15 Comments
User's avatar
jozsef's avatar

Thank you very much!

It's good to see, there is someone who pays appropriate attention to analyze hardwares in depth.

David. Hellyx's avatar

Interesting observation...

"CP is very slow on GFX12 and parsing the packet header is the main bottleneck. Using paired context regs reduce the number of packet headers and it should be more optimal.

It doesn't seem worth when only one context reg is emitted (one packet header and same number of DWORDS) or when consecutive context regs are emitted (would increase the number of DWORDS)."

https://www.phoronix.com/news/AMD-RDNA4-Paired-Context-Regs

Dante Fr.'s avatar

They implemented all these optimizations that brought the architecture close to Nvidia in most aspects—will UDNA discard all that, or is it just a minor upgrade, besides the addition of matrix cores?

Nathan Gabriel's avatar

Anyone have a recommendation for explanations of writing code for the GPU that understands the hardware at this level of precision? I don't have to do anything super complex but I do want to be able to take advantage of the GPU's bandwidth and I don't mind working out the function at a register by register level

Chester Lam's avatar

Usually GPUs aren't coded in assembly because GPU ISAs are vastly different across manufacturers and even different between GPU generations.
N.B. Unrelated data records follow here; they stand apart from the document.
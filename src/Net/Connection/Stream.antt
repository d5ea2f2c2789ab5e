-- ===== src/Net/Connection/Stream.antt =====
-- tcpConnection.cpp: `sendInLoop`, and the bytes that a connection has accepted.
use tcp_net_library.Base.{
  ℕ, ◌+◌, ◌≤◌, ◌<◌, ◌≡◌, refl, ap, sym, ◌∙◌, true, false, not, List, [], ◌∷◌, ◌++◌, append-nil,
  append_assoc, arith, length, length-append, length-drop, take, drop, take-append-drop, ltb,
  ltb→lt, ltb_false→le, ==_refl, ne→==_false, Bool-cases, inl, inr, ok, ◌==◌, if◌then◌else◌, ==_iff,
  ◌⊎◌,
}
use tcp_net_library.Buffer.{max_size, cheap_prepared, readable_bytes}
use tcp_net_library.Buffer.Invariant.{contents, length-contents}
use tcp_net_library.Buffer.Invariant as Inv
use tcp_net_library.Buffer.Append.{append_ok}
use tcp_net_library.Reactor.Channel.{is_writing, enable_writing}
use tcp_net_library.Reactor.Channel.Events.{IsEvents, has-or_write, or_write-IsEvents}
use tcp_net_library.Net.Connection.{
  TcpConnection, Effect, updates, WriteResult, taken, keep_rest, send_inloop,
}

-- The output buffer is in order, and the channel watches for writing exactly while bytes wait.
pub record IsValid (c : TcpConnection) : Type 0 where
  pub output : Inv.IsValid c.output
  pub events : IsEvents c.channel.event
  pub armed : is_writing c.channel ≡ not (readable_bytes c.output == 0)

-- Every byte that the connection has accepted: those that `write` took, then those that wait.
abbrev pub stream : TcpConnection → List ℕ
stream c = c.sent ++ contents c.output

-- What stays between `c` and `d`.
pub record Extends (c : TcpConnection) (message : List ℕ) (d : TcpConnection) : Type 0 where
  pub valid : IsValid d
  pub bytes : stream d ≡ stream c ++ message
  pub same_state : d.state ≡ c.state
  pub same_thread : d.thread ≡ c.thread
  pub same_input : d.input ≡ c.input

pub nil_of_length : (xs : List ℕ) → length xs ≡ 0 → xs ≡ []
nil_of_length [] h = refl
nil_of_length (x ∷ xs) h = absurd (omega arith)

keep_rest_ok :
    {c : TcpConnection} (rest : List ℕ)
    → Inv.IsValid c.output
    → IsEvents c.channel.event
    → 0 < length rest
    → length c.output.buffer + length rest + cheap_prepared ≤ max_size
    → (d : TcpConnection) × (es : List Effect) × (keep_rest c rest ≡ ok (d, es)) × Extends c rest d
unfolding keep_rest
keep_rest_ok {c} rest v e h s =
    let (out, p, r) = append_ok rest v s in
    let some_wait : (readable_bytes out == 0) ≡ false = ne→==_false _ _ (
      omega (
        arith,
        length-contents r.valid,
        ap length r.bytes,
        length-append (contents c.output) rest,
      )) in
    let joined : c.sent ++ contents out ≡ (c.sent ++ contents c.output) ++ rest =
      ap (◌++◌ c.sent) r.bytes ∙ sym (append_assoc c.sent (contents c.output) rest) in
    elim (Bool-cases (is_writing c.channel)) [
      | inl w ↦ (
        record c { output = out },
        [],
        rw (p, w),
        record {
          valid = record { output = r.valid; events = e; armed = rw (w, some_wait) };
          bytes = joined;
          same_state = refl;
          same_thread = refl;
          same_input = refl;
        },
      )
      | inr w ↦ (
        record c { output = out; channel = enable_writing c.channel },
        updates (enable_writing c.channel).event ∷ [],
        rw (p, w),
        record {
          valid = record {
            output = r.valid;
            events = or_write-IsEvents c.channel.event e;
            armed = has-or_write c.channel.event e ∙ rw some_wait;
          };
          bytes = joined;
          same_state = refl;
          same_thread = refl;
          same_input = refl;
        },
      )
    ]

-- The part of `sendInLoop` after the first `write` took `n` bytes.
abbrev rest_of_send : TcpConnection → List ℕ → ℕ → TcpConnection
rest_of_send c message n = record c { sent = c.sent ++ take n message }

regroup :
    (a q t d m : List ℕ) → t ++ d ≡ m → (t ≡ []) ⊎ (q ≡ []) → ((a ++ t) ++ q) ++ d ≡ (a ++ q) ++ m
regroup a q t d m e (inl h) =
    let m_eq : d ≡ m = ap (λ k. k ++ d) (sym h) ∙ e in
    ap (λ k. ((a ++ k) ++ q) ++ d) h
    ∙ ap (λ k. (k ++ q) ++ d) (append-nil a)
    ∙ ap (◌++◌ (a ++ q)) m_eq
regroup a q t d m e (inr h) =
    ap (λ k. ((a ++ t) ++ k) ++ d) h
    ∙ ap (λ k. k ++ d) (append-nil (a ++ t))
    ∙ append_assoc a t d
    ∙ ap (◌++◌ a) e
    ∙ ap (λ k. k ++ m) (sym (append-nil a))
    ∙ ap (λ k. (a ++ k) ++ m) (sym h)

apart : (q : List ℕ) (n : ℕ) (xs : List ℕ) → (n ≡ 0) ⊎ (q ≡ []) → (take n xs ≡ []) ⊎ (q ≡ [])
apart q n xs (inl h) = inl (ap (λ t. take t xs) h)
apart q n xs (inr h) = inr h

send_inloop_tail :
    {c : TcpConnection} (message : List ℕ) (n : ℕ)
    → IsValid c
    → n ≤ length message
    → (n ≡ 0) ⊎ (contents c.output ≡ [])
    → length c.output.buffer + length message + cheap_prepared ≤ max_size
    → (d : TcpConnection) × (es : List Effect) × ((if ltb n (length message)
          then keep_rest (rest_of_send c message n) (drop n message)
          else ok (rest_of_send c message n, []))
        ≡ ok (d, es))
      × Extends c message d
send_inloop_tail {c} message n v l empty s =
    let whole =
      regroup c.sent (contents c.output) (take n message) (drop n message) message
        (take-append-drop n message) (apart (contents c.output) n message empty) in
    elim (Bool-cases (ltb n (length message))) [
      | inl h ↦
          let k = length-drop n message in
          let (d, es, p, r) =
            keep_rest_ok {c = rest_of_send c message n} (drop n message) v.output v.events
              (omega (arith, ltb→lt _ _ h)) (omega arith) in
          (
            d,
            es,
            rw h p,
            record {
              valid = r.valid;
              bytes = r.bytes ∙ whole;
              same_state = r.same_state;
              same_thread = r.same_thread;
              same_input = r.same_input;
            },
          )
      | inr h ↦
          let none_left : drop n message ≡ [] =
            nil_of_length (drop n message)
              (omega (arith, length-drop n message, ltb_false→le _ _ h)) in
          (
            rest_of_send c message n,
            [],
            rw h,
            record {
              valid = record { output = v.output; events = v.events; armed = v.armed };
              bytes =
                  sym (append-nil (stream (rest_of_send c message n)))
                  ∙ ap (◌++◌ (stream (rest_of_send c message n))) (sym none_left)
                  ∙ whole;
              same_state = refl;
              same_thread = refl;
              same_input = refl;
            },
          )
    ]

-- `sendInLoop` never fails while the sizes stay below the largest vector, whatever `write` answers:
-- the message joins the stream of the connection at its end, each byte once, part of it written and
-- the rest waiting, and the channel watches for writing exactly while bytes wait.
pub send_inloop_ok :
    {c : TcpConnection} (message : List ℕ) (answer : WriteResult)
    → IsValid c
    → taken answer ≤ length message
    → length c.output.buffer + length message + cheap_prepared ≤ max_size
    → (d : TcpConnection) × (es : List Effect) × (send_inloop c.thread c message answer
        ≡ ok (d, es))
      × Extends c message d
unfolding send_inloop
send_inloop_ok {c} message answer v l s = elim (Bool-cases (readable_bytes c.output == 0)) [
  | inl e ↦
      let w : is_writing c.channel ≡ false = v.armed ∙ ap not e in
      let q : contents c.output ≡ [] =
        nil_of_length (contents c.output) (length-contents v.output ∙ (==_iff _ _).0 e) in
      rw (==_refl c.thread, w, e) (send_inloop_tail message (taken answer) v l (inr q) s)
  | inr e ↦
      let w : is_writing c.channel ≡ true = v.armed ∙ ap not e in
      rw (==_refl c.thread, w) (send_inloop_tail message 0 v (omega arith) (inl refl) s)
]
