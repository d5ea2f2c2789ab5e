-- ===== src/Http/Server/Sending.antt =====
-- http/httpServer.cpp: its calls of `send` and `shutdown` on a connected connection.
use tcp_net_library.Base.{
  ℕ, ◌+◌, ◌-◌, ◌≤◌, ◌≡◌, refl, ap, sym, ◌∙◌, Bool, true, false, List, [], ◌∷◌, ◌++◌, arith, length,
  ok, ==_refl, if◌then◌else◌, append-nil,
}
use tcp_net_library.Buffer.{
  Buffer, max_size, cheap_prepared, slice, peek, readable_bytes, retrieve_all,
}
use tcp_net_library.Buffer.Memory.{slice_ok}
use tcp_net_library.Buffer.Invariant.{contents, readable}
use tcp_net_library.Buffer.Invariant as Inv
use tcp_net_library.Http.Server.{then_shutdown}
use tcp_net_library.Net.Connection.{
  TcpConnection, Effect, WriteResult, taken, connected, disconnecting, is_connected,
  shuts_down_write, send, send_inloop, send_buffer, shutdown, shutdown_inloop,
}
use tcp_net_library.Reactor.Channel.{is_writing}
use tcp_net_library.Net.Connection.Stream.{IsValid, stream, Extends, send_inloop_ok}

-- The answer `text` has joined the stream; the connection closes, or stays as it is.
pub record Replied (c : TcpConnection) (text : List ℕ) (close : Bool) (d : TcpConnection)
    : Type 0 where
  pub valid : IsValid d
  pub bytes : stream d ≡ stream c ++ text
  pub state : d.state ≡ (if close then disconnecting else connected)
  pub same_thread : d.thread ≡ c.thread
  pub same_input : d.input ≡ c.input

slice-contents :
    {b : Buffer} → Inv.IsValid b → slice b.buffer (peek b) (readable_bytes b) ≡ ok (contents b)
slice-contents {b} v = rw (
  readable v,
  slice_ok b.buffer b.read_index (b.write_index - b.read_index) (omega (arith, v.order, v.fits)),
)

send_connected :
    (c : TcpConnection) (message : List ℕ) (answer : WriteResult)
    → c.state ≡ connected
    → send c.thread c message answer ≡ send_inloop c.thread c message answer
unfolding send
send_connected c message answer s =
    let go = send_inloop c.thread c message answer in
    rw (==_refl c.thread) (ap (λ t. if is_connected t then go else ok (c, [])) s)

abbrev closing : TcpConnection → TcpConnection
closing c = record c { state = disconnecting }

abbrev last_effects : TcpConnection → List Effect
last_effects c = if is_writing c.channel then [] else shuts_down_write ∷ []

shutdown_connected :
    (c : TcpConnection) → c.state ≡ connected → shutdown c.thread c ≡ ok (closing c, last_effects c)
unfolding shutdown shutdown_inloop
shutdown_connected c s =
    rw (==_refl c.thread)
      (ap (λ t. if is_connected t then ok (closing c, last_effects c) else ok (c, [])) s)

pub sent_ok :
    {c : TcpConnection} (message : List ℕ) (answer : WriteResult)
    → IsValid c
    → c.state ≡ connected
    → taken answer ≤ length message
    → length c.output.buffer + length message + cheap_prepared ≤ max_size
    → (d : TcpConnection) × (es : List Effect) × (send c.thread c message answer ≡ ok (d, es))
      × Extends c message d
sent_ok {c} message answer v s t l =
    let (d, es, p, x) = send_inloop_ok message answer v t l in
    (d, es, send_connected c message answer s ∙ p, x)

pub send_buffer_ok :
    {c : TcpConnection} {b : Buffer} (text : List ℕ) (answer : WriteResult)
    → IsValid c
    → Inv.IsValid b
    → contents b ≡ text
    → c.state ≡ connected
    → taken answer ≤ length text
    → length c.output.buffer + length text + cheap_prepared ≤ max_size
    → (d : TcpConnection) × (es : List Effect) × (send_buffer c.thread c b answer
        ≡ ok (retrieve_all b, d, es))
      × Extends c text d
unfolding send_buffer
send_buffer_ok text answer v w h s t l =
    let (d, es, p, x) = sent_ok text answer v s t l in (d, es, rw (slice-contents w, h, p), x)

pub then_shutdown_ok :
    {c : TcpConnection} (caller : ℕ) (close : Bool) (es : List Effect)
    → caller ≡ c.thread
    → IsValid c
    → c.state ≡ connected
    → (d : TcpConnection) × (es' : List Effect) × (then_shutdown caller close c es ≡ ok (d, es'))
      × Replied c [] close d
unfolding then_shutdown
then_shutdown_ok {c} caller false es h v s = (
  c,
  es,
  refl,
  record {
    valid = v;
    bytes = sym (append-nil (stream c));
    state = s;
    same_thread = refl;
    same_input = refl;
  },
)
then_shutdown_ok {c} caller true es h v s = (
  closing c,
  es ++ last_effects c,
  rw (h, shutdown_connected c s),
  record {
    valid = record { output = v.output; events = v.events; armed = v.armed };
    bytes = sym (append-nil (stream c));
    state = refl;
    same_thread = refl;
    same_input = refl;
  },
)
People usually go in via a high level compute API like OpenCL, CUDA, etc and don't touch assembly or intrinsics unless performance is extremely critical and the code will only run on known hardware.

Fredrik Tolf's avatar

I must admit the whole thing sounds unnecessarily complicated to me. Wouldn't it be much simpler and easier to just have the sections with different VGPR usage run as separate kernels, with software-managed queues in between? What does this hardware-based approach offer over that?

Chester Lam's avatar

Avoids kernel launch latency and having to spill/reload register contents between kernel launches

Ken Esler's avatar

Great article and quite interesting. One minor technical point: you mention that NVIDIA's register file size is 64 kB, but the specs note that it is 64k 32-bit registers, i.e. 256 kB.

"The register file size is 64K 32-bit registers per SM." Did I misunderstand your accounting?

Chester Lam's avatar

Per register file instance, so per processing block or SMSP within a SM. A SM has 4x 64 KB register files

Ken Esler's avatar

I suspected I misunderstood -- thanks for the clarification! I was a surprised at the disparity in the register file sizes between AMD and NVIDIA. I suppose NVIDIA's architecture relies more on the relatively large L1 cache for register spills, allowing the compiler to allocate fewer registers to maintain occupancy while maintaining reasonable performance. In contrast, as I understand it, RDNA 4's L1 is read-only, so any spilling would have to be serviced by L2 at higher cost. I'm curious which strategy is more effective.

jozsef's avatar

One SM contains 4 subpartion, so one subpartion contains 256/4 = 64 kb of register file. In this article the register file size per simd was mentioned not per CU or SM.

jozsef's avatar

More precisely up to blackwell nvidia had 2 16 lane wide simd per sm partion, and each of this used the same 64 kb register. Now if i know correctly blackwell has 1 32 lane wide fp32 simd per subpartion.

Erik Stubblebine's avatar

Thank you for making me a little smarter.

jozsef's avatar

And also a question: Is there a cache tag like memory to track avaliable register blocks?

jozsef's avatar

Thanks for answears!